The problem of disciplinary narrowness became critical only with the advent of “scientists” — a term invented in the 19th century — whose work became so technical that it was hard to avoid the perils of overspecialization. Pinker’s ideal of interdisciplinary integration was from the beginning a humanistic project — and, as we have seen, was continued into the present by humanists much more than scientists.
Pinker also claims that science has shown that all traditional religious accounts of “the origins of life, humans, and societies — are factually mistaken,” since “we know. . . that humans belong to a single species of African primate that developed agriculture, government, and writing late in its history.” Here Pinker ignores the numerous religious thinkers, from Augustine to John Paul II, who have accepted an evolutionary account of human origins, maintaining that the process itself is the work of a creative God.

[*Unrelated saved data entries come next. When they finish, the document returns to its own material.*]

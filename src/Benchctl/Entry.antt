-- ===== src/Benchctl/Entry.antt =====
-- tools/benchctl/src/cpuidle.rs: the way to a run, from the command line over sudo to the privileged
-- coordinator.
use Prim.Native.Char.{Char, code}
use Prim.Native.String.{String, ◌++◌ as ◌++ₜ◌, slice}
use text.Mathlib.Text.{◌==◌ as ◌=ₜ◌}
use snoozer.Prelude.{
  ℕ, zero, suc, ◌+◌, ◌/◌, ◌%◌, Bool, true, false, not, ◌&&◌, ◌||◌, List, [], ◌∷◌, ◌++◌, Option,
  none, some, ltb, ◌==◌, if◌then◌else◌, is_none,
}
use snoozer.Errors.{Result, ok, err}
use snoozer.Benchctl.Errors.{BenchError, preflight}
use snoozer.Benchctl.Host.{
  Actor, World, Host, Action, pure, throw, ◌>>=◌, ◌>>◌, throw_if, lift_result,
}
use snoozer.Benchctl.Journal.{Codec, actor}
use snoozer.Benchctl.Supervision.{Services}
use snoozer.Benchctl.Run.{RunRequest, coordinate_run}
pub mod Guarded

abbrev pub real_sysfs_root : String
real_sysfs_root = "/sys/devices/system/cpu"

abbrev pub real_state_root : String
real_state_root = "/run/benchctl/operations"

-- What the process asks of its surroundings: absolute paths, with and without resolving links, its
-- own executable and number, and sudo with these arguments, waited for.
pub record Shell : Type 0 where
  pub absolute : String → Host String
  pub absolute_existing : String → Host String
  pub current_exe : Host String
  pub process_id : ℕ
  pub sudo : List String → Action

-- The parts of a path, with what is between two separators.
abbrev add_char : Char → List String → List String
add_char c [] = String.◌∷◌ c String.[] ∷ []
add_char c (s ∷ ss) = String.◌∷◌ c s ∷ ss

abbrev parts : String → List String
parts String.[] = "" ∷ []
parts (String.◌∷◌ c s) = let rest = parts s in if code c == b'/' then "" ∷ rest else add_char c rest

abbrev named_parts : List String → List String
named_parts [] = []
named_parts (s ∷ ss) =
    let rest = named_parts ss in if (s =ₜ "") || (s =ₜ ".") then rest else s ∷ rest

-- The components of a path: a repeated separator, one at the end, and a dot after the first are not
-- among them; an absolute path has an empty first one.
abbrev components_of : List String → List String
components_of [] = []
components_of (s ∷ ss) = s ∷ named_parts ss

abbrev pub components : String → List String
components path = components_of (parts path)

abbrev equal_lists : List String → List String → Bool
equal_lists [] [] = true
equal_lists [] (t ∷ ts) = false
equal_lists (s ∷ ss) [] = false
equal_lists (s ∷ ss) (t ∷ ts) = (s =ₜ t) && equal_lists ss ts

-- Two paths are equal if their components are.
unfoldable pub equal_paths : String → String → Bool
equal_paths p q = equal_lists (components p) (components q)

abbrev pub is_real_root : String → Bool
is_real_root path = equal_paths path real_sysfs_root

abbrev pub validate_production_state_root : String → String → Result (Unit {0}) BenchError
validate_production_state_root sysfs_root state_root =
    if is_real_root sysfs_root && not (equal_paths state_root real_state_root)
    then err
        (preflight "real sysfs operations require the fixed root-owned Benchctl state directory")
    else ok tt

abbrev pub require_coordinator_privilege : String → Bool → Action
require_coordinator_privilege sysfs_root coordinator = do
  process ← actor
  throw_if (is_real_root sysfs_root && (not coordinator || not (process.uid == 0)))
      (preflight "real sysfs operations require the hidden privileged coordinator")

abbrev is_traversal : List String → Bool
is_traversal [] = false
is_traversal (s ∷ ss) = (s =ₜ "..") || is_traversal ss

abbrev pub absolute_without_existing : Shell → String → Host String
absolute_without_existing sh path = do
  absolute ← sh.absolute path
  throw_if (equal_paths absolute "/" || is_traversal (components absolute))
      (preflight "state root must be an absolute non-root path without traversal")
  pure absolute

-- An operation on the files below a sysfs root is handed to sudo or done here.
abbrev pub gate_as : {A : Type 0} → Bool → String → Bool → Host A → Host A → Host A
gate_as true sysfs_root coordinator delegate body = delegate
gate_as false sysfs_root coordinator delegate body = do
  require_coordinator_privilege sysfs_root coordinator
  body

unfoldable pub gate : {A : Type 0} → String → String → Bool → Host A → Host A → Host A
gate sysfs_root state_root coordinator delegate body = do
  lift_result (validate_production_state_root sysfs_root state_root)
  gate_as (is_real_root sysfs_root && not coordinator) sysfs_root coordinator delegate body

-- A number in decimal; a number has no more digits than it has units.
abbrev digits : ℕ → ℕ → String
digits zero n = slice "0123456789" n (suc n)
digits (suc fuel) n =
    let rest = digits fuel (n / 10) in
    if ltb n 10
    then slice "0123456789" n (suc n)
    else rest ++ₜ slice "0123456789" (n % 10) (suc (n % 10))

abbrev pub decimal : ℕ → String
decimal n = digits n n

abbrev operation_arguments : Option String → List String
operation_arguments none = []
operation_arguments (some id) = "--operation-id" ∷ id ∷ []

abbrev cpu_arguments : List ℕ → List String
cpu_arguments [] = []
cpu_arguments (cpu ∷ cpus) = "--cpu" ∷ decimal cpu ∷ cpu_arguments cpus

-- The arguments of `sudo` for a run.
abbrev pub sudo_arguments : String → ℕ → RunRequest → List String
sudo_arguments executable pid request =
    ("--"
      ∷ executable
      ∷ "run"
      ∷ "--coordinator"
      ∷ "--client-pid"
      ∷ decimal pid
      ∷ "--receipt"
      ∷ request.receipt_path
      ∷ "--cpuidle"
      ∷ "poll-c1"
      ∷ "--timeout"
      ∷ decimal request.timeout_seconds
      ∷ "--sysfs-root"
      ∷ request.sysfs_root
      ∷ "--state-root"
      ∷ request.state_root
      ∷ [])
    ++ operation_arguments request.operation_id
    ++ cpu_arguments request.cpus
    ++ ("--" ∷ request.workload)

unfoldable pub sudo_run : Shell → RunRequest → Action
sudo_run sh request = do
  executable ← sh.current_exe
  sh.sudo (sudo_arguments executable sh.process_id request)

-- A run on the real files has a client.
abbrev pub for_client : (RunRequest → Action) → RunRequest → Action
for_client coordinate request = do
  throw_if (is_real_root request.sysfs_root && is_none request.client_pid)
      (preflight "privileged run coordinator requires its unprivileged client PID")
  coordinate request

-- The run of a request whose paths are absolute: `coordinate` is reached in a process that may.
unfoldable pub launch : Shell → (RunRequest → Action) → RunRequest → Action
launch sh coordinate request =
    gate request.sysfs_root request.state_root request.coordinator (sudo_run sh request)
      (for_client coordinate request)

unfoldable pub run : Codec → Services → Shell → RunRequest → Action
run c s sh request = do
  receipt_path ← sh.absolute request.receipt_path
  sysfs_root ← sh.absolute_existing request.sysfs_root
  state_root ← absolute_without_existing sh request.state_root
  launch sh (coordinate_run c s) (record request {
    receipt_path = receipt_path;
    sysfs_root = sysfs_root;
    state_root = state_root;
  })
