-- ===== src/Benchctl/Control.antt =====
-- tools/benchctl/src/cpuidle.rs: the way to `status` and to `recover`, from the command line over sudo
-- to the privileged coordinator.
use Prim.Native.String.{String}
use snoozer.Prelude.{Bool, List, [], ◌∷◌, ◌++◌, Option, none, some}
use snoozer.Benchctl.Host.{Host, Action, pure, ◌>>=◌, ◌>>◌}
use snoozer.Benchctl.Journal.{Codec, Stage}
use snoozer.Benchctl.Supervision.{Services}
use snoozer.Benchctl.Recover.{status, recover}
use snoozer.Benchctl.Entry.{Shell, absolute_without_existing, gate}

pub record ControlRequest : Type 0 where
  pub operation_id : Option String
  pub sysfs_root : String
  pub state_root : String
  pub coordinator : Bool

abbrev operation_argument : Option String → List String
operation_argument none = []
operation_argument (some id) = id ∷ []

-- The arguments of `sudo` for an action other than a run.
abbrev pub control_arguments : String → String → ControlRequest → List String
control_arguments action executable request =
    ("--" ∷ executable ∷ action ∷ "--coordinator" ∷ "--sysfs-root" ∷ request.sysfs_root
      ∷ "--state-root" ∷ request.state_root ∷ [])
    ++ operation_argument request.operation_id

unfoldable pub sudo_control : String → Shell → ControlRequest → Action
sudo_control action sh request = do
  executable ← sh.current_exe
  sh.sudo (control_arguments action executable request)

abbrev pub resolved : Shell → ControlRequest → Host ControlRequest
resolved sh request = do
  sysfs_root ← sh.absolute_existing request.sysfs_root
  state_root ← absolute_without_existing sh request.state_root
  pure (record request { sysfs_root = sysfs_root; state_root = state_root })

module _ (c : Codec) (sh : Shell) where
  -- What the process itself prints: nothing if sudo does it.
  unfoldable pub status_request : ControlRequest → Host (List (String × Stage))
  status_request request = do
    known ← resolved sh request
    gate known.sysfs_root known.state_root known.coordinator
        (sudo_control "status" sh known >> pure []) (status c known.operation_id)

  unfoldable pub recover_request : Services → ControlRequest → Action
  recover_request s request = do
    known ← resolved sh request
    gate known.sysfs_root known.state_root known.coordinator (sudo_control "recover" sh known)
        (recover c s known.operation_id)
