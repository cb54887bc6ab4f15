-- ===== src/Benchctl/Host/Steady.antt =====
-- Computations of benchctl that leave the disks as they are, and what they return.
use Prim.Native.String.{String}
use snoozer.Prelude.{◌≡◌, refl, sym, subst, Bool, true, false}
use snoozer.Benchctl.Paths.{SysfsPath, Directory}
use snoozer.Benchctl.Errors.{BenchError}
use snoozer.Benchctl.Host.{Node, Tree, World, Exit, Host, ◌>>=◌, ◌>>◌, attempt, throw_if, node_at}
use snoozer.Benchctl.Host.Ending.{Ends, Ends-bind, Ends-map, Disk, On, attempt-then}

-- The disks are `t` and `d`.
abbrev pub Still : Tree → Directory → World → Type 0
Still t d w = (w.sysfs ≡ t) × (w.operations ≡ d)

-- It ends with the disks as they are, and `P` of what it returns.
abbrev pub Steady : {A : Type 0} → Tree → Directory → (A → Type 0) → Exit A × World → Type 0
Steady t d P o = Ends (λ a u. Still t d u × P a) (Still t d) o

module _ (t : Tree) (d : Directory) where
  pub Steady-bind :
      {A B : Type 0} (P : A → Type 0) (Q : B → Type 0) (f : A → Host B) (m : Host A) (w : World)
      → Steady t d P (m w)
      → ((a : A) (u : World) → Still t d u → P a → Steady t d Q (f a u))
      → Steady t d Q ((m >>= f) w)
  Steady-bind P Q f m w h k =
      Ends-bind (λ a u. Still t d u × P a) (λ b u. Still t d u × Q b) (Still t d) f m w h
        (λ a u p. k a u p.0 p.1)

  pub Steady-attempt :
      {B : Type 0} (Q : B → Type 0) (op : String) (m : Host B) (w : World)
      → Still t d w
      → ((u : World) → Still t d u → Steady t d Q (m u))
      → Steady t d Q ((attempt op >> m) w)
  Steady-attempt Q op m w h k =
      attempt-then (λ s e. (s ≡ t) × (e ≡ d)) (λ b u. Still t d u × Q b) (Still t d) op m w h
        (λ _ p. p) k

  pub Steady-node :
      {B : Type 0} (Q : B → Type 0) (path : SysfsPath) (f : Node → Host B) (w : World)
      → Still t d w
      → Steady t d Q (f (t path) w)
      → Steady t d Q ((node_at path >>= f) w)
  Steady-node Q path f w h k = subst (λ s. Steady t d Q (f (s path) w)) (sym h.0) k

  pub Steady-throw_if :
      (b : Bool) (e : BenchError) (w : World)
      → Still t d w
      → Steady t d (λ _. b ≡ false) (throw_if b e w)
  Steady-throw_if true e w h = h
  Steady-throw_if false e w h = (h, refl)

-- Whatever holds of the disks still holds afterwards.
module _ (I : Disk) (w : World) where
  Still-On : (u : World) → On I w → Still w.sysfs w.operations u → On I u
  Still-On u h s = subst (λ t. I t u.operations) (sym s.0) (subst (λ d. I w.sysfs d) (sym s.1) h)

  pub Steady-Kept :
      {A : Type 0} (P : A → Type 0) (o : Exit A × World)
      → On I w
      → Steady w.sysfs w.operations P o
      → Ends (λ a u. On I u × Still w.sysfs w.operations u × P a) (On I) o
  Steady-Kept P o h s =
      Ends-map (λ a u. Still w.sysfs w.operations u × P a)
        (λ a u. On I u × Still w.sysfs w.operations u × P a) (Still w.sysfs w.operations) (On I) o s
        (λ a u p. (Still-On u h p.0, p.0, p.1)) (λ u. Still-On u h)
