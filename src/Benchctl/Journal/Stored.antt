-- ===== src/Benchctl/Journal/Stored.antt =====
-- What storing and loading a journal leave in the state directory.
use Prim.Native.String.{String}
use snoozer.Prelude.{ℕ, ◌≡◌, refl, sym, ap, ◌∙◌, List, [], ◌∷◌, ◌++◌, Option, none, some, arith}
use snoozer.Errors.{Result, ok, err}
use snoozer.Benchctl.Paths.{FileName, Directory, lookup, replace, lookup-replace}
use snoozer.Benchctl.Errors.{BenchError}
use snoozer.Benchctl.Host.{Actor, World, Host, ◌>>=◌, lift_result}
use snoozer.Benchctl.Host.Ending.{Ends, Disk, On}
use snoozer.Benchctl.Runtime.{atomic_write, atomic_write_lem}
use snoozer.Benchctl.Journal.{
  Codec, Journal, Stage, Transition, stage, advanced, validate, store, or_json,
}

-- serde_json reads back what it has written.
abbrev pub IsFaithful : Codec → Type 0
IsFaithful c =
    (j : Journal) (bytes : String) → c.to_vec_pretty j ≡ some bytes → c.from_slice bytes ≡ some j

-- The file at the path is this journal.
abbrev pub Stored : Codec → FileName → Directory → Journal → Type 0
Stored c path d j = (bytes : String) × (lookup path d ≡ some bytes) × (c.from_slice bytes ≡ some j)

some_inj : {A : Type 0} {a b : A} → some a ≡ some b → a ≡ b
some_inj h = cc h

-- A file is one journal at most.
pub Stored-unique :
    (c : Codec) (path : FileName) (d : Directory) (j k : Journal)
    → Stored c path d j
    → Stored c path d k
    → j ≡ k
Stored-unique c path d j k (a, la, ra) (b, lb, rb) =
    some_inj (sym ra ∙ ap c.from_slice (some_inj (sym la ∙ lb)) ∙ rb)

pub stage-advanced :
    (s : Stage) (a : Actor) (now : ℕ) (j : Journal) → stage (advanced s a now j) ≡ s
stage-advanced s a now j = last j.transitions
  where
    last :
        (ts : List Transition)
        → stage (record j {
          transitions = ts ++ record { stage = s; coordinator = a; unix_millis = now } ∷ [];
        })
          ≡ s
    last [] = refl
    last (t ∷ []) = refl
    last (t ∷ u ∷ ts) = last (u ∷ ts)

-- What follows a result that is computed without the operating system.
pub lift_result-then :
    {A B : Type 0} (Q : B → World → Type 0) (R : World → Type 0) (r : Result A BenchError)
    (f : A → Host B) (w : World)
    → R w
    → ((a : A) → r ≡ ok a → Ends Q R (f a w))
    → Ends Q R ((lift_result r >>= f) w)
lift_result-then Q R (ok a) f w h k = k a refl
lift_result-then Q R (err e) f w h k = h

or_json-ok : {A : Type 0} (op : String) (o : Option A) (a : A) → or_json op o ≡ ok a → o ≡ some a
or_json-ok op none a h = ground arith
or_json-ok op (some b) a h = ground arith

module _ (c : Codec) (faithful : IsFaithful c) (path : FileName) where
  -- Storing a journal leaves the disks as they are, or has put the journal into its file.
  module _ (I J : Disk) (j : Journal) where
    pub store_lem :
        (w : World)
        → On I w
        → ((u : World) (d : Directory) → On I u → Stored c path d j → J u.sysfs d)
        → ((u : World) → On J u → On I u)
        → Ends (λ _. On J) (On I) (store c path j w)
    unfolding store
    store_lem w h k weaken =
        lift_result-then (λ _. On J) (On I) (validate c j) _ w h
          (λ _ _.
            lift_result-then (λ _. On J) (On I) (or_json "serializing journal" (c.to_vec_pretty j))
              (atomic_write path) w h
              (λ bytes e.
                atomic_write_lem I J path bytes w h
                  (λ u hu. k u (replace path bytes u.operations) hu (
                    bytes,
                    lookup-replace path bytes u.operations,
                    faithful j bytes (or_json-ok "serializing journal" (c.to_vec_pretty j) bytes e),
                  ))
                  weaken))
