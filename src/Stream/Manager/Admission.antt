-- ===== src/Stream/Manager/Admission.antt =====
-- `Subscribe` on a closed manager and on a blocked channel.
use tvr.Base.{
  ℕ, Bool, true, false, ◌||◌, List, [], ◌∷◌, get_elem?, ◌≡◌, refl, sym, ap, ◌∙◌, inl, inr, arith,
  if◌then◌else◌, Bool-cases, Option-cases, Text, text_eq, is_empty, Dict, lookup,
  lookup-insert_self, lookup-insert, lookup-delete, insert, delete, text_key, All, ok,
}
use tvr.Upstream.Source.{Source}
use tvr.Stream.Calls.{Call}
use tvr.Stream.Manager.{
  Manager, retire_session, is_some, note_revision, subscribe, publish_channel, block_channel,
  apply_profile, close, remember_finish, remove_session,
}
use tvr.Stream.Manager.Keeps.{Inv}
use tvr.Stream.Manager.Closing.{close-rest, close-Inv}
use tvr.Stream.Manager.Safety.{msteps-Inv}
use tvr.Stream.Manager.Steps.{
  Op, subscribes, publishes, blocks, applies, closes, acts, reports, removes, subscribed, changed,
  mstep, msteps,
}
use tvr.Stream.Manager.Flags.{
  is_err, shut_out, subscribe-shut_out, stop_stale-SameFlags, note_revision-SameFlags,
  subscribe-SameFlags, apply_profile-SameFlags, remember_finish-SameFlags, remove_session-SameFlags,
  close-closed,
}

-- The steps that can let viewers in again.
abbrev pub reopens : Text → Op → Bool
reopens id (publishes j revision invalidate) = text_eq j id
reopens id o = false

-- The two flags after `m` changed to `n` and the blocked channels to `d`.
abbrev Flags : Manager → Manager → Dict Text (Unit {0}) → Type 0
Flags m n d = (n.closed ≡ m.closed) × (n.blocked ≡ d)

block_channel-Flags :
    (j : Text) (m : Manager)
    → Flags m
        (changed m (block_channel j m))
        (if is_empty j then m.blocked else insert j tt m.blocked)
unfolding block_channel retire_session
block_channel-Flags j m = elim (Bool-cases (is_empty j)) [
  | inl e ↦ rw e (refl, refl)
  | inr e ↦ rw e (stop_stale-SameFlags (lookup j m.sessions) _)
]

publish_channel-Flags :
    (j rev : Text) (i : Bool) (m : Manager)
    → Flags m
        (changed m (publish_channel j rev i m))
        (if is_empty j then m.blocked else delete j m.blocked)
unfolding publish_channel
publish_channel-Flags j rev i m =
    let n : Manager = note_revision j rev (record m { blocked = delete j m.blocked }) in
    let (c1, b1) = note_revision-SameFlags j rev (record m { blocked = delete j m.blocked }) in
    let (c2, b2) = stop_stale-SameFlags (retire_session j n).1 (retire_session j n).0 in
    elim (Bool-cases (is_empty j)) [
      | inl e ↦ rw e (refl, refl)
      | inr e ↦ elim (Bool-cases i) [
        | inl t ↦ rw (e, t) (c2 ∙ unfold retire_session in c1, b2 ∙ unfold retire_session in b1)
        | inr t ↦ rw (e, t) (c1, b1)
      ]
    ]

-- A channel that stays blocked when the blocked channels change to `d`.
shut_out-Flags :
    (id : Text) (m n : Manager) (d : Dict Text (Unit {0}))
    → Flags m n d
    → (is_some (lookup id m.blocked) ≡ true → is_some (lookup id d) ≡ true)
    → shut_out id m ≡ true
    → shut_out id n ≡ true
shut_out-Flags id m n d (c, b) f h =
    ap (λ x. x || is_some (lookup id n.blocked)) c
    ∙ ap (λ x. m.closed || is_some (lookup id x)) b
    ∙ ground (arith, f)

mstep-shut_out :
    (id : Text) (o : Op) (m : Manager)
    → reopens id o ≡ false
    → shut_out id m ≡ true
    → shut_out id (mstep o m) ≡ true
unfolding mstep
mstep-shut_out id (subscribes rand cs j src) m r h =
    shut_out-Flags id m (subscribed m (subscribe rand cs j src m)) m.blocked
      (subscribe-SameFlags rand cs j src m) (λ x. x) h
mstep-shut_out id (publishes j rev i) m r h =
    shut_out-Flags id m (changed m (publish_channel j rev i m)) _ (publish_channel-Flags j rev i m)
      (λ x. ground (arith, lookup-delete j id m.blocked)) h
mstep-shut_out id (blocks j) m r h =
    shut_out-Flags id m (changed m (block_channel j m)) _ (block_channel-Flags j m)
      (λ x. ground (arith, lookup-insert j id tt m.blocked)) h
mstep-shut_out id (applies pr) m r h =
    shut_out-Flags id m (apply_profile pr m) m.blocked (apply_profile-SameFlags pr m) (λ x. x) h
mstep-shut_out id closes m r h = ground (arith, close-closed m)
mstep-shut_out id (acts p call) m r h = h
mstep-shut_out id (reports p st) m r h = elim (Option-cases (get_elem? m.heap p)) [
  | inl e ↦ simp e h
  | inr (s, e) ↦ simp e (
      shut_out-Flags id m (remember_finish s st m) m.blocked (remember_finish-SameFlags s st m)
        (λ x. x) h)
]
mstep-shut_out id (removes p) m r h = elim (Option-cases (get_elem? m.heap p)) [
  | inl e ↦ simp e h
  | inr (s, e) ↦ simp e (
      shut_out-Flags id m (remove_session p s m) m.blocked (remove_session-SameFlags p s m) (λ x. x)
        h)
]

msteps-shut_out :
    (id : Text) (os : List Op) (m : Manager)
    → All (λ o. reopens id o ≡ false) os
    → shut_out id m ≡ true
    → shut_out id (msteps os m) ≡ true
unfolding msteps
msteps-shut_out id [] m r h = h
msteps-shut_out id (o ∷ os) m r h =
    msteps-shut_out id os (mstep o m) r.1 (mstep-shut_out id o m r.0 h)

block_channel-ok :
    (id : Text) (m : Manager) {n : Manager} → block_channel id m ≡ ok n → is_empty id ≡ false
unfolding block_channel
block_channel-ok id m e = ground arith

block_channel-shut_out :
    (id : Text) (m n : Manager) → block_channel id m ≡ ok n → shut_out id n ≡ true
block_channel-shut_out id m n e =
    let full = block_channel-ok id m e in
    let (c, b) = block_channel-Flags id m in
    let here : (changed m (block_channel id m)).blocked ≡ insert id tt m.blocked =
      b ∙ ap (λ x. if x then m.blocked else insert id tt m.blocked) full in
    let there : n.blocked ≡ insert id tt m.blocked =
      ap (λ x. (changed m x).blocked) (sym e) ∙ here in
    ap (λ x. n.closed || is_some (lookup id x)) there
    ∙ ground (arith, lookup-insert_self id tt m.blocked)

-- A channel that is blocked takes no viewer, whatever happens, until it is published again.
pub blocked_until_published :
    (rand : ℕ → ℕ) (cs : List Call) (id : Text) (src : Source) (os : List Op) (m n : Manager)
    → block_channel id m ≡ ok n
    → All (λ o. reopens id o ≡ false) os
    → is_err (subscribe rand cs id src (msteps os n)) ≡ true
blocked_until_published rand cs id src os m n e r =
    subscribe-shut_out rand cs id src _
      (msteps-shut_out id os n r (block_channel-shut_out id m n e))

mstep-closed : (o : Op) (m : Manager) → m.closed ≡ true → (mstep o m).closed ≡ true
unfolding mstep
mstep-closed (subscribes rand cs j src) m h = (subscribe-SameFlags rand cs j src m).0 ∙ h
mstep-closed (publishes j rev i) m h = (publish_channel-Flags j rev i m).0 ∙ h
mstep-closed (blocks j) m h = (block_channel-Flags j m).0 ∙ h
mstep-closed (applies pr) m h = (apply_profile-SameFlags pr m).0 ∙ h
mstep-closed closes m h = close-closed m
mstep-closed (acts p call) m h = h
mstep-closed (reports p st) m h = elim (Option-cases (get_elem? m.heap p)) [
  | inl e ↦ simp e h
  | inr (s, e) ↦ simp e ((remember_finish-SameFlags s st m).0 ∙ h)
]
mstep-closed (removes p) m h = elim (Option-cases (get_elem? m.heap p)) [
  | inl e ↦ simp e h
  | inr (s, e) ↦ simp e ((remove_session-SameFlags p s m).0 ∙ h)
]

-- A closed manager that keeps the invariant has no session.
no_sessions : (m : Manager) → m.closed ≡ true → Inv m → m.sessions ≡ []
no_sessions m c v = elim v.shut [ inl o ↦ absurd (ground arith) | inr e ↦ e ]

msteps-closed : (os : List Op) (m : Manager) → m.closed ≡ true → (msteps os m).closed ≡ true
unfolding msteps
msteps-closed [] m h = h
msteps-closed (o ∷ os) m h = msteps-closed os (mstep o m) (mstep-closed o m h)

-- After `Close` of a manager that keeps the invariant, whatever happens: no channel takes a viewer, and the map has no
-- session.
pub closed_for_good :
    (rand : ℕ → ℕ) (cs : List Call) (id : Text) (src : Source) (os : List Op) (m : Manager)
    → Inv m
    → (is_err (subscribe rand cs id src (msteps os (close m))) ≡ true)
      × ((msteps os (close m)).sessions ≡ [])
closed_for_good rand cs id src os m v =
    let n : Manager = msteps os (close m) in
    let c : n.closed ≡ true = msteps-closed os (close m) (close-rest m v).1 in
    (
      subscribe-shut_out rand cs id src n (ground arith),
      no_sessions n c (msteps-Inv os (close m) (close-Inv m v)),
    )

Finally, Pinker confidently asserts that, given merely the “unexceptionable convictions” that “all of us value our own welfare and that we are social beings who impinge on each other and can negotiate codes of conduct,” science can lead us to “a defensible morality.” “This morality, he says, derives from the injunction to “maximize the flourishing of humans and other sentient beings.” But this claim runs into trouble if we raise the philosophical questions of what Pinker means by “our welfare” and “the flourishing of humans.” A utilitarian morality will understand these terms in one way, a deontological (for example, Kantian) morality in quite another way, an Aristotelian virtue morality in yet another way. These differences derive from conflicting normative judgments about what ought to be the ethical ideal, something not determinable by scientific observation.
Pinker is looking for a new meaning of scientism. But, despite the best intentions, he winds up something close to the old meaning: a scientific attitude that underrates the achievements of the humanities.

Gary Gutting
Gary Gutting is a professor of philosophy at the University of Notre Dame, and an editor of Notre Dame Philosophical Reviews. He is the author, most recently, of “Thinking the Impossible: French Philosophy since 1960,” and writes regularly for The Stone. He was recently interviewed in 3am magazine.